**Problem requirements**
From the data below, return the exact lines starting at the line containing "update_heartbeat-IsConsistent now msg none" and ending at the line containing "run-IsConsistent (e ∷", both included, and nothing else.

*** Opening of Dataset ***

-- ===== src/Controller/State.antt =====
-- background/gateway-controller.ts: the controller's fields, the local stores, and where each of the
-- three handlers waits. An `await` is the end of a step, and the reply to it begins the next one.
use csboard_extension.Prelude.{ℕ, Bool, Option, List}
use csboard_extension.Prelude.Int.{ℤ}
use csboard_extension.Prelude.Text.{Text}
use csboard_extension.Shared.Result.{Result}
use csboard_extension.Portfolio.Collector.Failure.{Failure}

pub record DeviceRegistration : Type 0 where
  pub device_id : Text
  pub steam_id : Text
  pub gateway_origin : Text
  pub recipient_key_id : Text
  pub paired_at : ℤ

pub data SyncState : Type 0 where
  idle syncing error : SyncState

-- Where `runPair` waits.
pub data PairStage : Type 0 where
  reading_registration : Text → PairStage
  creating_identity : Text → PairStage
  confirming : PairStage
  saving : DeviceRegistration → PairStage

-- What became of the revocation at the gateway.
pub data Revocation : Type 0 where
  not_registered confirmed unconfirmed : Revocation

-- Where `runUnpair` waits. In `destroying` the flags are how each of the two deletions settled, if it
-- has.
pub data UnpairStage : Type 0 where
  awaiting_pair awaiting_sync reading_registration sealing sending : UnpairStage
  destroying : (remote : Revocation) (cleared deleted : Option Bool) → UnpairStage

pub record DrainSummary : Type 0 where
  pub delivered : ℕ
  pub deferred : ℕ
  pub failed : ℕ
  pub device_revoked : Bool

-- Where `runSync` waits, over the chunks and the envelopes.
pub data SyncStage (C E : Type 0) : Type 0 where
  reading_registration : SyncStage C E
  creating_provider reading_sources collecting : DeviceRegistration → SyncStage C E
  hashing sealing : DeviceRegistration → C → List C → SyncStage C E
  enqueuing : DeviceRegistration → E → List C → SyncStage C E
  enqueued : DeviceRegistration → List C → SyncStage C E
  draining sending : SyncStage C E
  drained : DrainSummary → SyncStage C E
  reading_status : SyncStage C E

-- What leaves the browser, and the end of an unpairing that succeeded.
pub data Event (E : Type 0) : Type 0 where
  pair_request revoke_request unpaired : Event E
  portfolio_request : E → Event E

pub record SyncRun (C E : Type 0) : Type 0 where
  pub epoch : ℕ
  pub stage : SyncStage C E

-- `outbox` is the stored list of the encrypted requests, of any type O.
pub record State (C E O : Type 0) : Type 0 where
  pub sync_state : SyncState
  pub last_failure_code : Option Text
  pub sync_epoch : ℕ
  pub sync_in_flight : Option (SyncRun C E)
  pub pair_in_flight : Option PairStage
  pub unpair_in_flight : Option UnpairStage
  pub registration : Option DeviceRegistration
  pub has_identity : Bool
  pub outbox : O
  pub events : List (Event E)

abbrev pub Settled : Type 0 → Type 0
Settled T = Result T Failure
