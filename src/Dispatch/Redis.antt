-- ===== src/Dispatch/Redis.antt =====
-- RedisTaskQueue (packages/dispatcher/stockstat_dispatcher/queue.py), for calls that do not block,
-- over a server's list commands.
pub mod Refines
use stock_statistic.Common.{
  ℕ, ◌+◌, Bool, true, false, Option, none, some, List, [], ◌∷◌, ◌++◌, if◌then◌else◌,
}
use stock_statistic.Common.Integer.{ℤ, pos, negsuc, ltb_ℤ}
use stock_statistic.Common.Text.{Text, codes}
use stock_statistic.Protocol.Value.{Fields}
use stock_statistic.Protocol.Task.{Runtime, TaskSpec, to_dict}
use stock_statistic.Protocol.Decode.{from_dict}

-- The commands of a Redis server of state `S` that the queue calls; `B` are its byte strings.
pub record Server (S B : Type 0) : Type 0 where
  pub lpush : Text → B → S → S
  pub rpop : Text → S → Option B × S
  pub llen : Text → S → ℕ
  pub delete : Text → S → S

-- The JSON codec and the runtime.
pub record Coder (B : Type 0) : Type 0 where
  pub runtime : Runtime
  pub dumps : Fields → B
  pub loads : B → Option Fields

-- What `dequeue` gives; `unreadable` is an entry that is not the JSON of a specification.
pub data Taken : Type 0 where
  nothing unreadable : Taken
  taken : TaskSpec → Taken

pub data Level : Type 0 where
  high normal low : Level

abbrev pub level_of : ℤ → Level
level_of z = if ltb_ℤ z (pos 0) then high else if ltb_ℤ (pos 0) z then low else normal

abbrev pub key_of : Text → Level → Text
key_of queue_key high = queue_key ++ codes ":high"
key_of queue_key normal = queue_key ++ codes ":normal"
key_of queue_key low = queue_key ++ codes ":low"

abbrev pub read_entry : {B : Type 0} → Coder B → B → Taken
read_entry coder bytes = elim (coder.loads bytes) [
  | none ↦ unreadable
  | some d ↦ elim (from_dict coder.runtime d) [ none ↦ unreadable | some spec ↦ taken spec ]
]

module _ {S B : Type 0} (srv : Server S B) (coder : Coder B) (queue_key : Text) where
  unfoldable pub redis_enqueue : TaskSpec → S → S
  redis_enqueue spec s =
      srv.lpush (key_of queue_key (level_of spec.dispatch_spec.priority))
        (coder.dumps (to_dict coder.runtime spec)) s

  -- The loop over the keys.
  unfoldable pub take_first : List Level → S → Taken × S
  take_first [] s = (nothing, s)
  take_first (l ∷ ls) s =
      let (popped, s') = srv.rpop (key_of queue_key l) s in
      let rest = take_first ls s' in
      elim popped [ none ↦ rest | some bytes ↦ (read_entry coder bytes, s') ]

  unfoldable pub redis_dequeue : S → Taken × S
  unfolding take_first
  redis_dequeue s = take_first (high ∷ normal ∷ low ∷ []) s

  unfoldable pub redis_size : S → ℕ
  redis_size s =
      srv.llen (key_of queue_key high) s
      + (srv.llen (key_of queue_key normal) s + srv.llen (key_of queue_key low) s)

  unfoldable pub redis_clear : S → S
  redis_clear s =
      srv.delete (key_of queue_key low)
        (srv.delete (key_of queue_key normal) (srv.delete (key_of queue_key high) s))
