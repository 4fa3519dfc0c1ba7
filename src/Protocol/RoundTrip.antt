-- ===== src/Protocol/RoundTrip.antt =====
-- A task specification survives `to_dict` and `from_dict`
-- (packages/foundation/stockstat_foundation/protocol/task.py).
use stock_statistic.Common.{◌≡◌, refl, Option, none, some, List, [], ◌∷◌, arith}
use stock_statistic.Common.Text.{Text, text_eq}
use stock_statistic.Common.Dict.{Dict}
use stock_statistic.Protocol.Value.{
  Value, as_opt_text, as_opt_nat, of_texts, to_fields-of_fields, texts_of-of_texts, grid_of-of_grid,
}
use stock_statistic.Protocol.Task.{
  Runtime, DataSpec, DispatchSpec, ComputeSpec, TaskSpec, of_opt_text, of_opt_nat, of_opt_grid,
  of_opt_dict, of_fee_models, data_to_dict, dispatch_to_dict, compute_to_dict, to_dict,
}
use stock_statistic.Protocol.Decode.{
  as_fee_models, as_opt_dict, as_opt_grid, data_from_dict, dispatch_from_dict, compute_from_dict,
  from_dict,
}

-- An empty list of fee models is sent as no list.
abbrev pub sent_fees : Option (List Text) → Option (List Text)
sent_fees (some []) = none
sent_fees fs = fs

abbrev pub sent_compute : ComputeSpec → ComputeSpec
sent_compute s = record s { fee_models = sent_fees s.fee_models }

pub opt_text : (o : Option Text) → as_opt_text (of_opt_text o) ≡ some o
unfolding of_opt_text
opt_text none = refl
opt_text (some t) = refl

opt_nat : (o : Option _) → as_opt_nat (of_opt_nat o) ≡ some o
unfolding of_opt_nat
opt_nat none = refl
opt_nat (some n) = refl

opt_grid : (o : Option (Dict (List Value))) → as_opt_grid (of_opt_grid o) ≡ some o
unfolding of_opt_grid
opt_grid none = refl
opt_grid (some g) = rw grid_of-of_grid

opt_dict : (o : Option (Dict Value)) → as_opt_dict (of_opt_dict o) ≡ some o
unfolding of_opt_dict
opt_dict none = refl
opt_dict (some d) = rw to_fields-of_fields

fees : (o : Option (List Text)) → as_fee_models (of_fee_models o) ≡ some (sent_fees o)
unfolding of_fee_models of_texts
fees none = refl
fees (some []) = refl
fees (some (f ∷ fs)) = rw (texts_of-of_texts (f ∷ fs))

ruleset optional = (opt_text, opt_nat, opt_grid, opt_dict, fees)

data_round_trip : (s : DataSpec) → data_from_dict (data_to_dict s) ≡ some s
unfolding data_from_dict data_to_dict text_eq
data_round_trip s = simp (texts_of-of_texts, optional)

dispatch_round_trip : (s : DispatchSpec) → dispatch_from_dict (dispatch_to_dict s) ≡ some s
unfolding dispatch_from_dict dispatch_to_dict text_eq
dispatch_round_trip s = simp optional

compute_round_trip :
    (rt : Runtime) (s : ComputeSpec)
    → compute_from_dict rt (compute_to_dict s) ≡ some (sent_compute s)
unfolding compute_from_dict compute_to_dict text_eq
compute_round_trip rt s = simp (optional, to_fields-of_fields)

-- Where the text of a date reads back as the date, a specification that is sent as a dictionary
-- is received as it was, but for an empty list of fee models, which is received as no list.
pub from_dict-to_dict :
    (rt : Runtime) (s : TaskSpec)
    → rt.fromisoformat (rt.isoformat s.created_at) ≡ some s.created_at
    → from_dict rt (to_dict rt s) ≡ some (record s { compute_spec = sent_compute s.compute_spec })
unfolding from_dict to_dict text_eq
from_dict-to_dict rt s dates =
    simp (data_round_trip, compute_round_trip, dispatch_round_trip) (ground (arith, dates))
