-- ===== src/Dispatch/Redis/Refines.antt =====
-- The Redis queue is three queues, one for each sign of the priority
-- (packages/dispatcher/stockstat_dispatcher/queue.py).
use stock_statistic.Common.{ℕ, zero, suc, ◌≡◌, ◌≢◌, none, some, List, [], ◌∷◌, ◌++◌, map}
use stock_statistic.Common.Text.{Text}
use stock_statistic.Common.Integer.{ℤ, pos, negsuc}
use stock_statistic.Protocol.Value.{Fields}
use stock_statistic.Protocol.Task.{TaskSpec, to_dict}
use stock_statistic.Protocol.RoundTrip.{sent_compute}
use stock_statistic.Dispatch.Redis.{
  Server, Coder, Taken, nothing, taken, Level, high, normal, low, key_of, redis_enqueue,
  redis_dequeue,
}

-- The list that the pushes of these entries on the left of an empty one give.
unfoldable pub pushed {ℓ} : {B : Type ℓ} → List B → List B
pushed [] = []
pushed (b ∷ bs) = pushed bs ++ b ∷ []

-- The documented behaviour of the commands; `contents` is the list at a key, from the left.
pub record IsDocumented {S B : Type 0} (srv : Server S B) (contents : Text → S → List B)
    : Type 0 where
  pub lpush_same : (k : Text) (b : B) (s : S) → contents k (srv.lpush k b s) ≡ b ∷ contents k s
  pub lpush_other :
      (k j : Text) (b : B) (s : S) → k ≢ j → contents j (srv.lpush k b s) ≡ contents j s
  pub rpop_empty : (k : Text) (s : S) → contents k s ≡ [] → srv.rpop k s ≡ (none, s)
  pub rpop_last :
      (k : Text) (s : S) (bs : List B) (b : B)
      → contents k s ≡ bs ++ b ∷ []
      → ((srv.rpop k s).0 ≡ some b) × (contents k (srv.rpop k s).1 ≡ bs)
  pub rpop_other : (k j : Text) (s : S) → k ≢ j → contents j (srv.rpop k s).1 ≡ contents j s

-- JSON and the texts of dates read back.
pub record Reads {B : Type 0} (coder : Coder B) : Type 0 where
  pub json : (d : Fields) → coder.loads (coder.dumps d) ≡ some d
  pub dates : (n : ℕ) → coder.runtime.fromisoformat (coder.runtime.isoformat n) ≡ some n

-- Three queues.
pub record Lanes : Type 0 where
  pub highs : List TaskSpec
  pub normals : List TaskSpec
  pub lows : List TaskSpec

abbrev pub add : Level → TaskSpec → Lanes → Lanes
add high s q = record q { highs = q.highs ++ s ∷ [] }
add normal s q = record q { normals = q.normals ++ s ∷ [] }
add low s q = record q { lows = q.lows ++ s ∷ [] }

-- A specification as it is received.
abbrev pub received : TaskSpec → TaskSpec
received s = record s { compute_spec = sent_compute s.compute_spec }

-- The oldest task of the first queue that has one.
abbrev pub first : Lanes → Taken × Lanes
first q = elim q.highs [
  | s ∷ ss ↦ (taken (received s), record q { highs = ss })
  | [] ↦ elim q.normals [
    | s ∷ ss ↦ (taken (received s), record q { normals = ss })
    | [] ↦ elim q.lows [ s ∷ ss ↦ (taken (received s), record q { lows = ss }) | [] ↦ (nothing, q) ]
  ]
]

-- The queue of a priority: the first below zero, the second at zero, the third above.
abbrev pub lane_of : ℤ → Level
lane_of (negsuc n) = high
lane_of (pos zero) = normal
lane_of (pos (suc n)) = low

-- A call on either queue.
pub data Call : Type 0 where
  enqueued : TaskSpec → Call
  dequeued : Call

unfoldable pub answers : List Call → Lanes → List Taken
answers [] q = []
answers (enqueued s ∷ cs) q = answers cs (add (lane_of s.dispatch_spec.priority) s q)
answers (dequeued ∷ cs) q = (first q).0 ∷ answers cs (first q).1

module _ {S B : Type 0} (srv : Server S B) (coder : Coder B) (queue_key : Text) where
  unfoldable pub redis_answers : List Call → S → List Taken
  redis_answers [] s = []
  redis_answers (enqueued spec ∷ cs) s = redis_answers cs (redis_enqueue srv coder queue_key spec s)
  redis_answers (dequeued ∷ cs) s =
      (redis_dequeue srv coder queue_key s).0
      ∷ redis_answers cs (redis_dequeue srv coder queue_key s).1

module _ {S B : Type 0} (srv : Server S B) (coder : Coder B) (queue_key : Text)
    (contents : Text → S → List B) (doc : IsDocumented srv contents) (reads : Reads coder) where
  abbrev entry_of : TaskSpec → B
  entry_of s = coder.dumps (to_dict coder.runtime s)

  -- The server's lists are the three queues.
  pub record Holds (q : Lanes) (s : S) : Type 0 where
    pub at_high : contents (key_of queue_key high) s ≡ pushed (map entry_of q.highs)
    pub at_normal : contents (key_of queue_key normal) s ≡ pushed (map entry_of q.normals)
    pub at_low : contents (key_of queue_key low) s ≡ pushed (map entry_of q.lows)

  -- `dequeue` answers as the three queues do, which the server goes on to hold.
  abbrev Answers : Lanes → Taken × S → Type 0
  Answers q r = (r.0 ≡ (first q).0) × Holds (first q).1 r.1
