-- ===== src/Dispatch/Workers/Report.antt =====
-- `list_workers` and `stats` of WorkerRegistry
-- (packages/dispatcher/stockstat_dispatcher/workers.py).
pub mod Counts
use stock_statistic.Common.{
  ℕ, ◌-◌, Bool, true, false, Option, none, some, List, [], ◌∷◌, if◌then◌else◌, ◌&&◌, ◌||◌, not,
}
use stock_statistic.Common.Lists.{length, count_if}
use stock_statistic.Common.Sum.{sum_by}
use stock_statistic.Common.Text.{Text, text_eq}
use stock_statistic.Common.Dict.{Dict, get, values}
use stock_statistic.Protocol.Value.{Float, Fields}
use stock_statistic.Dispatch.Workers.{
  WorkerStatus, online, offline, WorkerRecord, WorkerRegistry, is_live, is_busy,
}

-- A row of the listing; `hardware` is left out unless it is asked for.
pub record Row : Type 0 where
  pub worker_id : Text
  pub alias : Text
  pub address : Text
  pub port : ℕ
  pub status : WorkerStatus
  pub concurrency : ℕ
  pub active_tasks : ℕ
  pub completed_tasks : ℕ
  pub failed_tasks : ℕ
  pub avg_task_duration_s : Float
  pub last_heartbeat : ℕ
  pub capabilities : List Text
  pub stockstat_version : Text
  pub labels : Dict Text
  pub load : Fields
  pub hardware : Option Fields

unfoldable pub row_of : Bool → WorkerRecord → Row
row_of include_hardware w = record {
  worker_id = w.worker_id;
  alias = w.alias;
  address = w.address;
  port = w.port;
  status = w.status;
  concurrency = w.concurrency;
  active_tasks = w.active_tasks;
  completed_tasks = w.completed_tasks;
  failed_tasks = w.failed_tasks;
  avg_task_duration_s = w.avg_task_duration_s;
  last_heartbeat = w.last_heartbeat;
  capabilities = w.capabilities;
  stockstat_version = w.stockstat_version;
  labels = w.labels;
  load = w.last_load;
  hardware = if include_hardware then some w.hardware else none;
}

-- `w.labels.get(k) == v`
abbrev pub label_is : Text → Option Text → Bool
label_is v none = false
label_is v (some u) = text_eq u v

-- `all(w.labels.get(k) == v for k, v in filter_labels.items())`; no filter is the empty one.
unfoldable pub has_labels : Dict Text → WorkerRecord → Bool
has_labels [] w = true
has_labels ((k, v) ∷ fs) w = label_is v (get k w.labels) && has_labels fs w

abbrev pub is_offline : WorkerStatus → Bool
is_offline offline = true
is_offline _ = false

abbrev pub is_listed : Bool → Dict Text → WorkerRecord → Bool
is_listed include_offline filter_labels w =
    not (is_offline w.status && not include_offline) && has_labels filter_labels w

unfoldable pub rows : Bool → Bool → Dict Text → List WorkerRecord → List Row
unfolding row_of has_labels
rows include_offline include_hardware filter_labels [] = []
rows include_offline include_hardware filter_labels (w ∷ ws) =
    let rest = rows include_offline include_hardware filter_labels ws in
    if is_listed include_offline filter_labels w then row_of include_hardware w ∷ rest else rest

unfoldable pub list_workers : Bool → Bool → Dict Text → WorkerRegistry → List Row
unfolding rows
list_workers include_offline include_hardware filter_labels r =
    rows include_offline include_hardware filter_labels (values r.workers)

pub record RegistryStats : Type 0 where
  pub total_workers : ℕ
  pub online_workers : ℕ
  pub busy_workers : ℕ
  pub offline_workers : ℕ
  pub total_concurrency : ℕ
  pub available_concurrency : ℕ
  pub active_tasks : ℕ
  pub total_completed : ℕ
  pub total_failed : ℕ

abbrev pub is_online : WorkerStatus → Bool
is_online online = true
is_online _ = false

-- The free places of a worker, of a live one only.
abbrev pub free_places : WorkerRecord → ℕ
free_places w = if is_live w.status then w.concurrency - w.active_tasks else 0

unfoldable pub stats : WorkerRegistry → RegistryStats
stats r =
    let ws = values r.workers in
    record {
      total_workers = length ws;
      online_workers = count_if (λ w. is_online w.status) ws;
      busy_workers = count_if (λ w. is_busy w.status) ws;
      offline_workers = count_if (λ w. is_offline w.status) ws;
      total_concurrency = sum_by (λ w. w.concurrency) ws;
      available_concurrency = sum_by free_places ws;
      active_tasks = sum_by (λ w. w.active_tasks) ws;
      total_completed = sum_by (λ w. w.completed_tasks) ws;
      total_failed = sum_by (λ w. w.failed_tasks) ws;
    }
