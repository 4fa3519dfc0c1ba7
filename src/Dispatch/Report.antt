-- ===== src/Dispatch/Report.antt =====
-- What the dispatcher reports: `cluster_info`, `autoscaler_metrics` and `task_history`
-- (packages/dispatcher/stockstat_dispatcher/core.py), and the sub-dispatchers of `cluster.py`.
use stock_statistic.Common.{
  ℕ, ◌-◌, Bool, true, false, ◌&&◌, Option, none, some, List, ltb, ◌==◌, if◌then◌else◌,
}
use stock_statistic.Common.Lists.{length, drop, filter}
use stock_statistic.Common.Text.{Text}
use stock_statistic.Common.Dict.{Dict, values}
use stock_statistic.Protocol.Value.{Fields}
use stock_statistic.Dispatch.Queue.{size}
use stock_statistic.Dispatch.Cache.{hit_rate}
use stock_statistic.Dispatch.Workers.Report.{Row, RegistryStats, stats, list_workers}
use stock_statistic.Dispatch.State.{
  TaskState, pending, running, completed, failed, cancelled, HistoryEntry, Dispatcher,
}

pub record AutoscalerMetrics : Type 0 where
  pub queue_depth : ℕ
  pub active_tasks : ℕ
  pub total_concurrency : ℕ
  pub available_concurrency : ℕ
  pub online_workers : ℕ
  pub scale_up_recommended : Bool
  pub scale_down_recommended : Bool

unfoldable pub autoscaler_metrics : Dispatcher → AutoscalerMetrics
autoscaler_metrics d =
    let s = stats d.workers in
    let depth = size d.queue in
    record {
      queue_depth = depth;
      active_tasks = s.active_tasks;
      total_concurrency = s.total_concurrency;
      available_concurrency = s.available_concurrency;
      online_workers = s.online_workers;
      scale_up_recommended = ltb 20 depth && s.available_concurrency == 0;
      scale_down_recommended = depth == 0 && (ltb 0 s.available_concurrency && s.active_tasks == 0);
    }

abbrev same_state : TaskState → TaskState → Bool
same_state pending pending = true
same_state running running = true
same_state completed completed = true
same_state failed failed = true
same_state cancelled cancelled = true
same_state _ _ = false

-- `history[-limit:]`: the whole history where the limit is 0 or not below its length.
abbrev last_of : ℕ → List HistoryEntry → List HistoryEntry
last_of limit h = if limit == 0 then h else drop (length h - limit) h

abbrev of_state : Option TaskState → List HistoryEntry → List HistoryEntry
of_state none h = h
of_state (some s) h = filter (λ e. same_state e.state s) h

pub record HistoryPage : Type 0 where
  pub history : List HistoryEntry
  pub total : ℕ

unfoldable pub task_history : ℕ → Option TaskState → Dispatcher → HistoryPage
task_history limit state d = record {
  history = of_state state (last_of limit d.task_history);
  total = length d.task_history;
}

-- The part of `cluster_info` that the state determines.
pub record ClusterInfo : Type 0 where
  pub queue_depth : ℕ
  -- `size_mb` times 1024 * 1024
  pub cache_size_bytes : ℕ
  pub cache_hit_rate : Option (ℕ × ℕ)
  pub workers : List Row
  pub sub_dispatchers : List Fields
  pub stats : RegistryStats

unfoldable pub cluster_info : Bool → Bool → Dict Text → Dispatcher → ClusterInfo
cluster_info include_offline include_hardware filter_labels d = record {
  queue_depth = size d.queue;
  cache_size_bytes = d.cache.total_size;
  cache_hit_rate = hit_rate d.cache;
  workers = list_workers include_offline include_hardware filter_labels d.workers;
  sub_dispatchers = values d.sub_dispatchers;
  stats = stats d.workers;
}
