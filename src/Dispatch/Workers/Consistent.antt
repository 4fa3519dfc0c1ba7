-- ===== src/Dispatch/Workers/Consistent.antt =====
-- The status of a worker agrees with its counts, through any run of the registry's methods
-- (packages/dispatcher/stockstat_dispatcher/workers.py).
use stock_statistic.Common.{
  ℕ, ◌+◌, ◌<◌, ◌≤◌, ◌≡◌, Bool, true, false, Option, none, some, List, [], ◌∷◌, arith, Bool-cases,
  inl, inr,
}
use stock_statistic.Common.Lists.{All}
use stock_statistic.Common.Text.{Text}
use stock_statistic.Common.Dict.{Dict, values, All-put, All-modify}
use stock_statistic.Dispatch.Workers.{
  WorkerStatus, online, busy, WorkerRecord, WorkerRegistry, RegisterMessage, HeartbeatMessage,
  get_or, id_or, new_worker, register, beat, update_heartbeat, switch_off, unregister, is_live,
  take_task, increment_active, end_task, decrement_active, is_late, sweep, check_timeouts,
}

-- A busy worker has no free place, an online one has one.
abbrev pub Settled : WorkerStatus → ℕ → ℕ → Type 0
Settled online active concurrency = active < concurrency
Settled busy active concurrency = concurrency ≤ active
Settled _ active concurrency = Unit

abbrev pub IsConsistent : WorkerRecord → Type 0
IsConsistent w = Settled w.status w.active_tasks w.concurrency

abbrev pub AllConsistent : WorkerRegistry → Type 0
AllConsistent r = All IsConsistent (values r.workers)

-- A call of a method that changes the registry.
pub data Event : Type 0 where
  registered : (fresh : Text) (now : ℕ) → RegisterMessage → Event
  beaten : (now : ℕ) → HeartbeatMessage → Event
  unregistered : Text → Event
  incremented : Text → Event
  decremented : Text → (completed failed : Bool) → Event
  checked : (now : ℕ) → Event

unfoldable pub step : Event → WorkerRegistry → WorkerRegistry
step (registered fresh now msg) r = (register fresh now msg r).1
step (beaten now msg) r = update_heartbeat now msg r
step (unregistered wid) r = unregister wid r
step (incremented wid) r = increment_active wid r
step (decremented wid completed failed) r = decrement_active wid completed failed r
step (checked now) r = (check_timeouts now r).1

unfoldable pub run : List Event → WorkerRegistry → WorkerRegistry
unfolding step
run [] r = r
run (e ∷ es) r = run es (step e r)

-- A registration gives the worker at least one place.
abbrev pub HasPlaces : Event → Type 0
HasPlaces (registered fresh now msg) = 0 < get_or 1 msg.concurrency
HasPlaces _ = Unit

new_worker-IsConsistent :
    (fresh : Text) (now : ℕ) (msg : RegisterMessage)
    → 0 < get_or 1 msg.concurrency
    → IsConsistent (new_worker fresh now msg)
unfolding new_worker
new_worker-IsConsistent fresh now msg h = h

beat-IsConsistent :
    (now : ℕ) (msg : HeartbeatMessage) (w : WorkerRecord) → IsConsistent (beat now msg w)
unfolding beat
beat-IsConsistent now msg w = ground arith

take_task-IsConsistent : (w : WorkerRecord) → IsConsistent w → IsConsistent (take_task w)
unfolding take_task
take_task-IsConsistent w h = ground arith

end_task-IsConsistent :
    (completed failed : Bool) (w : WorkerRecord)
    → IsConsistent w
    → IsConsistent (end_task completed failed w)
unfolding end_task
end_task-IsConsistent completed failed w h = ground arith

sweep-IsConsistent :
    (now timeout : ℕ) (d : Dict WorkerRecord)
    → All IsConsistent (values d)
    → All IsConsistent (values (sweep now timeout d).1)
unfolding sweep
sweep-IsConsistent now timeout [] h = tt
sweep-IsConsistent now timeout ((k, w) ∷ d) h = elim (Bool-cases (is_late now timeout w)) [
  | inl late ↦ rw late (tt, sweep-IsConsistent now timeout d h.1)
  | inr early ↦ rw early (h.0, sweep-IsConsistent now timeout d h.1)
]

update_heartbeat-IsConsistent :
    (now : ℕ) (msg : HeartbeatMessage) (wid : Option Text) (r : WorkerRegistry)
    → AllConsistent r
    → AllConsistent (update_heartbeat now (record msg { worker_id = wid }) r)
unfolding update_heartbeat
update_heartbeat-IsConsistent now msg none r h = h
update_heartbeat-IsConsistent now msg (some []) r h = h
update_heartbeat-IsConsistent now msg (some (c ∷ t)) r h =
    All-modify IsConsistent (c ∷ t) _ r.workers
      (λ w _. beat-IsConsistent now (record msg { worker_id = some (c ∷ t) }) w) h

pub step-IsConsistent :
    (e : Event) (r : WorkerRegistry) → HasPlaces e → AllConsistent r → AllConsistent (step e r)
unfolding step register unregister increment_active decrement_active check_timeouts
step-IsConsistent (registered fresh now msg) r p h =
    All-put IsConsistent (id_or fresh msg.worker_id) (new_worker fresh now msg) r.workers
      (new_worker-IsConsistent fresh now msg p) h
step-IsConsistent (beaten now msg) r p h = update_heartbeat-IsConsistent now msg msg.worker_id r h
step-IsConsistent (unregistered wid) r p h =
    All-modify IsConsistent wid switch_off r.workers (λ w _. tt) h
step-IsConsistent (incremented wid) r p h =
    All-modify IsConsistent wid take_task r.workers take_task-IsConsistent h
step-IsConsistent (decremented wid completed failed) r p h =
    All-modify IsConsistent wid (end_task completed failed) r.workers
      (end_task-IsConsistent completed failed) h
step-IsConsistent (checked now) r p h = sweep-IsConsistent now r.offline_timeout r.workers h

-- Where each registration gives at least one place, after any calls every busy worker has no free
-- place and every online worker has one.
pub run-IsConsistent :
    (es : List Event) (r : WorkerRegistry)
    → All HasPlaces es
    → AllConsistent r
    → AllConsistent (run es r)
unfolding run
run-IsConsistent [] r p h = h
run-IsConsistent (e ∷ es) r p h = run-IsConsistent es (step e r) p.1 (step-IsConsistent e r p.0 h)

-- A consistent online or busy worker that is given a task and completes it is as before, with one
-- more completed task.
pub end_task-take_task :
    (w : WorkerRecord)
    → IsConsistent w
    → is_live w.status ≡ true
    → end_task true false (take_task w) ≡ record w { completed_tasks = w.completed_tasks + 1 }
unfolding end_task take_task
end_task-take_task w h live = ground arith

*** Close of Dataset ***

**Task solution**
update_heartbeat-IsConsistent now msg none r h = h
update_heartbeat-IsConsistent now msg (some []) r h = h
update_heartbeat-IsConsistent now msg (some (c ∷ t)) r h =
    All-modify IsConsistent (c ∷ t) _ r.workers
      (λ w _. beat-IsConsistent now (record msg { worker_id = some (c ∷ t) }) w) h

pub step-IsConsistent :
    (e : Event) (r : WorkerRegistry) → HasPlaces e → AllConsistent r → AllConsistent (step e r)
unfolding step register unregister increment_active decrement_active check_timeouts
step-IsConsistent (registered fresh now msg) r p h =
    All-put IsConsistent (id_or fresh msg.worker_id) (new_worker fresh now msg) r.workers
      (new_worker-IsConsistent fresh now msg p) h
step-IsConsistent (beaten now msg) r p h = update_heartbeat-IsConsistent now msg msg.worker_id r h
step-IsConsistent (unregistered wid) r p h =
    All-modify IsConsistent wid switch_off r.workers (λ w _. tt) h
step-IsConsistent (incremented wid) r p h =
    All-modify IsConsistent wid take_task r.workers take_task-IsConsistent h
step-IsConsistent (decremented wid completed failed) r p h =
    All-modify IsConsistent wid (end_task completed failed) r.workers
      (end_task-IsConsistent completed failed) h
step-IsConsistent (checked now) r p h = sweep-IsConsistent now r.offline_timeout r.workers h

-- Where each registration gives at least one place, after any calls every busy worker has no free
-- place and every online worker has one.
pub run-IsConsistent :
    (es : List Event) (r : WorkerRegistry)
    → All HasPlaces es
    → AllConsistent r
    → AllConsistent (run es r)
unfolding run
run-IsConsistent [] r p h = h
run-IsConsistent (e ∷ es) r p h = run-IsConsistent es (step e r) p.1 (step-IsConsistent e r p.0 h)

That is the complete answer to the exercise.